### [WHAT NEEDS TO BE DONE]
Of the lines in the data below, write out exactly those from the one holding "(claim_outside length_ size" through the one holding "module _ (handle", both included.

### [PROVIDED RECORDS]
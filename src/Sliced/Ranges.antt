-- ===== src/Sliced/Ranges.antt =====
-- src/parallel_stream.h, the slicing rule: the documents of all slices.
use jsonstreambench.Prelude.{
  ℕ, zero, suc, ◌+◌, ◌*◌, ◌≤◌, ◌<◌, ◌≡◌, refl, ap, ◌∙◌, sym, arith, Bytes, length, take, window,
  window-zero,
}
use jsonstreambench.Lines.{newline}
use jsonstreambench.Lines.Split.{lines, documents_of, documents}
use jsonstreambench.Slicing.Cover.{start, piece, start_first, start_last, documents-start}
use jsonstreambench.Pool.Total.{range, range_snoc}
use jsonstreambench.Sliced.Pieces.{sum_of, sum_of-append}

pub range_ext :
    (c d : ℕ → ℕ) (from n : ℕ)
    → ((k : ℕ) → from ≤ k → k < from + n → c k ≡ d k)
    → range c from n ≡ range d from n
unfolding range
range_ext c d from zero h = refl
range_ext c d from (suc n) h = omega (
  arith,
  h from (omega arith) (omega arith),
  range_ext c d (suc from) n (λ k a b. h k (omega arith) (omega arith)),
)

module _ (data_ : Bytes) (hi block : ℕ) (within : hi ≤ length data_) (pos : 0 < block)
    (f : Bytes → ℕ) where
  -- What the documents in front of the slice `k` add up to.
  sum-front :
      (k : ℕ)
      → sum_of f (documents (window data_ 0 (start data_ hi newline (k * block))))
        ≡ range (λ j. sum_of f (documents (piece data_ hi newline block (j * block)))) 0 k
  sum-front zero =
      rw (start_first data_ hi newline block within pos, window-zero data_ 0)
        (unfold documents lines documents_of sum_of range in refl)
  sum-front (suc k) =
      let c = λ (j : ℕ). sum_of f (documents (piece data_ hi newline block (j * block))) in
      let at : 0 + k ≡ k = omega arith in
      let front = documents (window data_ 0 (start data_ hi newline (k * block))) in
      ap (sum_of f) (documents-start data_ hi block within pos k)
      ∙ sum_of-append f front (documents (piece data_ hi newline block (k * block)))
      ∙ omega (arith, sum-front k, range_snoc c 0 k, ap c at)

  -- A number of each document, added up slice by slice.
  pub sum-pieces :
      (n : ℕ)
      → hi ≤ n * block
      → sum_of f (documents (take hi data_))
        ≡ range (λ j. sum_of f (documents (piece data_ hi newline block (j * block)))) 0 n
  unfolding window
  sum-pieces n h =
      let e = start_last data_ hi newline block within pos n h in
      ap (λ k. sum_of f (documents (take k data_))) (sym e) ∙ sum-front n
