-- ===== src/Sliced/Serial.antt =====
-- src/dom_parallel.h: `run_sliced` beside one pass of `for_each_line` over the whole input.
use mathlib.Core.Path.{subst, fun_ext}
use native.Mathlib.Nat.{mod-eq_of_lt}
use jsonstreambench.Prelude.{
  ℕ, ◌+◌, ◌-◌, ◌*◌, ◌%◌, ◌≤◌, ◌<◌, ◌≡◌, refl, ap, ◌∙◌, sym, Bool, true, false, List, [], ◌∷◌, inl,
  inr, arith, Bytes, if◌then◌else◌, leb, ◌==◌, length, take, take_all, window, window-zero, u64_mod,
  Bool-cases, visit,
}
use jsonstreambench.Lines.{newline, for_each_line}
use jsonstreambench.Lines.Split.{lines, documents_of, documents}
use jsonstreambench.Lines.Loop.{for_each_line-documents}
use jsonstreambench.Extraction.{Extraction, no_extraction}
use jsonstreambench.Extraction.Sum.{Adds, IsWord, merge-Adds, id-Adds, compose-Adds}
use jsonstreambench.Slicing.{snap, snap_to_newline}
use jsonstreambench.Slicing.Cover.{start, piece}
use jsonstreambench.Pool.{Worker, run, spawn, all_done}
use jsonstreambench.Pool.Total.{total, range}
use jsonstreambench.Pool.Dynamic.{Counts, Ends, mul-le-mul_right}
use jsonstreambench.Pool.Finish.{dynamic_total}
use jsonstreambench.Pool.Static.{static_total}
use jsonstreambench.Sliced.{
  thread_count, slice_size, slice_count, parse_claim, sliced_job, sliced_pool, merge_shards,
  run_sliced,
}
use jsonstreambench.Sliced.Ranges.{range_ext, sum-pieces}
use jsonstreambench.Sliced.Pieces.{sum_of, visit-Adds, Fits, claim_inside, claim_outside}

-- The slice that is claimed at `raw`; empty if an earlier claim covers it.
claimed_text : Bytes → ℕ → ℕ → ℕ → Bytes
claimed_text data_ length slice_bytes raw =
    let begin = if raw == 0 then 0 else snap_to_newline data_ length raw in
    let end = snap_to_newline data_ length ((raw + slice_bytes) % u64_mod) in
    if leb end begin then [] else window data_ begin (end - begin)

pub merge_shards-Adds :
    (ws : List (Worker Extraction))
    → Adds (merge_shards ws) (total (λ w. w.shard.sum) ws) (total (λ w. w.shard.matches) ws)
unfolding merge_shards total
merge_shards-Adds [] = id-Adds
merge_shards-Adds (w ∷ ws) = compose-Adds (merge-Adds w.shard) (merge_shards-Adds ws)

pub extraction_eq :
    (a b : Extraction)
    → IsWord a
    → IsWord b
    → a.sum % u64_mod ≡ b.sum % u64_mod
    → a.matches % u64_mod ≡ b.matches % u64_mod
    → a.trace ≡ b.trace
    → a.trace_limit ≡ b.trace_limit
    → a ≡ b
extraction_eq a b wa wb hs hm ht hl = ground arith

pub empty-IsWord : IsWord no_extraction
empty-IsWord = omega arith

module _ (data_ : Bytes) (length_ size threads : ℕ) (within : length_ ≤ length data_)
    (fits : Fits length_ size threads) where
  abbrev n : ℕ
  n = slice_count length_ size

  job-Ends :
      (parse : Bytes → Extraction → Extraction) (static : Bool)
      → Ends (sliced_job data_ length_ size parse static) n threads
  job-Ends parse static = record {
    goes = λ k h. ground (arith, claim_inside length_ size threads fits k h);
    stops = λ k h few. ground (arith, claim_outside length_ size threads fits k h);
  }

  window_nil : (pos k : ℕ) → k ≡ 0 → window data_ pos k ≡ []
  window_nil pos k e = rw e (window-zero data_ pos)

  -- What a claim takes is the slice of the slicing rule.
  claimed_text-piece :
      (k : ℕ)
      → k < n
      → claimed_text data_ length_ size (k * size) ≡ piece data_ length_ newline size (k * size)
  unfolding claimed_text piece snap_to_newline
  claimed_text-piece k h =
      let small : (k * size + size) % u64_mod ≡ k * size + size =
        mod-eq_of_lt (omega (arith, claim_inside length_ size threads fits k h, fits.sum)) in
      let begin = start data_ length_ newline (k * size) in
      let end = snap data_ length_ newline (k * size + size) in
      rw small (elim (Bool-cases (leb end begin)) [
        | inl covered ↦ rw covered (sym (window_nil begin (end - begin) (ground arith)))
        | inr open_ ↦ rw open_
      ])

  sum-range :
      (f : Bytes → ℕ)
      → sum_of f (documents (take length_ data_))
        ≡ range (λ j. sum_of f (documents (claimed_text data_ length_ size (j * size)))) 0 n
  sum-range f =
      sum-pieces data_ length_ size within fits.size_pos f n
        (claim_outside length_ size threads fits n (omega arith))
      ∙ range_ext _ _ 0 n
          (λ k _ h. ap (λ t. sum_of f (documents t)) (sym (claimed_text-piece k (omega arith))))

  module _ (handle : Bytes → Extraction → Extraction) (s m : Bytes → ℕ)
      (adds : (d : Bytes) → Adds (handle d) (s d) (m d)) where
    -- The parser of a slice: every document of it is handed over.
    abbrev parse : Bytes → Extraction → Extraction
    parse slice out = for_each_line slice (length slice) handle out

    parse-visit : (slice : Bytes) → parse slice ≡ visit handle (documents slice)
    parse-visit slice = fun_ext (λ e.
        for_each_line-documents slice (length slice) handle e (omega arith)
        ∙ ap (λ t. visit handle (documents t) e) (take_all (length slice) slice (omega arith)))

    -- An empty slice would add nothing, so it does not matter that it is skipped.
    claim-parse :
        (raw : ℕ) (e : Extraction)
        → parse_claim data_ length_ size parse raw e ≡ parse (claimed_text data_ length_ size raw) e
    unfolding parse_claim claimed_text
    claim-parse raw e =
        let begin = if raw == 0 then 0 else snap_to_newline data_ length_ raw in
        let end = snap_to_newline data_ length_ ((raw + size) % u64_mod) in
        elim (Bool-cases (leb end begin)) [
          | inl covered ↦ rw covered (
              sym (
                ap (λ f. f e) (parse-visit []) ∙ unfold documents lines documents_of visit in refl))
          | inr open_ ↦ rw open_
        ]

    parse-Adds :
        (slice : Bytes)
        → Adds (parse slice) (sum_of s (documents slice)) (sum_of m (documents slice))
    parse-Adds slice =
        subst (λ f. Adds f (sum_of s (documents slice)) (sum_of m (documents slice)))
          (sym (parse-visit slice)) (visit-Adds handle s m adds (documents slice))

    sum-Counts :
        (static : Bool)
        → Counts
            (sliced_job data_ length_ size parse static)
            (λ e. e.sum)
            (λ raw. sum_of s (documents (claimed_text data_ length_ size raw)))
    sum-Counts static = record {
      adds = λ raw e.
          ap (λ t. t.sum % u64_mod) (claim-parse raw e)
          ∙ (parse-Adds (claimed_text data_ length_ size raw)).sum e;
    }

    matches-Counts :
        (static : Bool)
        → Counts
            (sliced_job data_ length_ size parse static)
            (λ e. e.matches)
            (λ raw. sum_of m (documents (claimed_text data_ length_ size raw)))
    matches-Counts static = record {
      adds = λ raw e.
          ap (λ t. t.matches % u64_mod) (claim-parse raw e)
          ∙ (parse-Adds (claimed_text data_ length_ size raw)).matches e;
    }

    module _ (sched : List ℕ) (some_threads : 0 < threads) where
      joined_pool : Bool → List (Worker Extraction)
      joined_pool static =
          (run (sliced_job data_ length_ size parse static) sched
            (spawn no_extraction n threads)).workers

      room_of : (a b : ℕ) → b * size < u64_mod → a ≤ b → a * size < u64_mod
      room_of a b h le = let k = mul-le-mul_right a b size le in omega arith

      pool-total :
          (g : Extraction → ℕ) (f : Bytes → ℕ) (static : Bool)
          → g no_extraction ≡ 0
          → Counts
              (sliced_job data_ length_ size parse static)
              g
              (λ raw. sum_of f (documents (claimed_text data_ length_ size raw)))
          → all_done (joined_pool static) ≡ true
          → total (λ w. g w.shard) (joined_pool static) % u64_mod
            ≡ sum_of f (documents (take length_ data_)) % u64_mod
      unfolding joined_pool
      pool-total g f true z counts d =
          static_total (sliced_job data_ length_ size parse true) g _ n threads refl counts threads
            (job-Ends parse true) (room_of n (n + threads) fits.room (omega arith)) some_threads
            fits.small no_extraction sched z d
          ∙ ap (λ t. t % u64_mod) (sym (sum-range f))
      pool-total g f false z counts d =
          dynamic_total (sliced_job data_ length_ size parse false) g _ n threads refl counts
            (job-Ends parse false) no_extraction n threads z fits.room (omega arith) sched
            some_threads d
          ∙ ap (λ t. t % u64_mod) (sym (sum-range f))

      -- The merged shards are the serial result.
      merged :
          (static : Bool)
          → all_done (joined_pool static) ≡ true
          → merge_shards (joined_pool static) no_extraction
            ≡ for_each_line data_ length_ handle no_extraction
      merged static d =
          let ws = joined_pool static in
          let par = merge_shards-Adds ws in
          let docs = documents (take length_ data_) in
          let ser = visit-Adds handle s m adds docs in
          let a = merge_shards ws no_extraction in
          let b = visit handle docs no_extraction in
          extraction_eq a b (par.word no_extraction empty-IsWord)
            (ser.word no_extraction empty-IsWord)
            (par.sum no_extraction
              ∙ omega (arith, pool-total (λ e. e.sum) s static refl (sum-Counts static) d)
              ∙ sym (ser.sum no_extraction))
            (par.matches no_extraction
              ∙ omega (arith, pool-total (λ e. e.matches) m static refl (matches-Counts static) d)
              ∙ sym (ser.matches no_extraction))
            (par.quiet no_extraction refl ∙ sym (ser.quiet no_extraction refl))
            (par.limit no_extraction ∙ sym (ser.limit no_extraction))
          ∙ sym (for_each_line-documents data_ length_ handle no_extraction within)

-- Whatever the interleaving and the assignment of slices, the joined threads give what one pass
-- over the input gives, for every handler of documents that only adds to the sums of the sink, if
-- the sums of the loop fit in 64 bits.
pub run_sliced-for_each_line :
    (data_ : Bytes) (length_ threads slice_bytes : ℕ) (handle : Bytes → Extraction → Extraction)
    (s m : Bytes → ℕ) (static : Bool) (sched : List ℕ)
    → length_ ≤ length data_
    → Fits length_ (slice_size slice_bytes) (thread_count threads)
    → ((d : Bytes) → Adds (handle d) (s d) (m d))
    → all_done
        (sliced_pool data_ length_ threads slice_bytes
          (λ t. for_each_line t (length t) handle)
          static
          sched).workers
      ≡ true
    → run_sliced data_ length_ threads slice_bytes
        (λ t. for_each_line t (length t) handle)
        static
        sched
      ≡ for_each_line data_ length_ handle no_extraction
unfolding run_sliced joined_pool
run_sliced-for_each_line data_ length_ threads slice_bytes handle s m static sched within fits adds
      d =
    merged data_ length_ (slice_size slice_bytes) (thread_count threads) within fits handle s m adds
      sched (ground arith) static d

### [RESULT BELOW]
        (claim_outside length_ size threads fits n (omega arith))
      ∙ range_ext _ _ 0 n
          (λ k _ h. ap (λ t. sum_of f (documents t)) (sym (claimed_text-piece k (omega arith))))

  module _ (handle : Bytes → Extraction → Extraction) (s m : Bytes → ℕ)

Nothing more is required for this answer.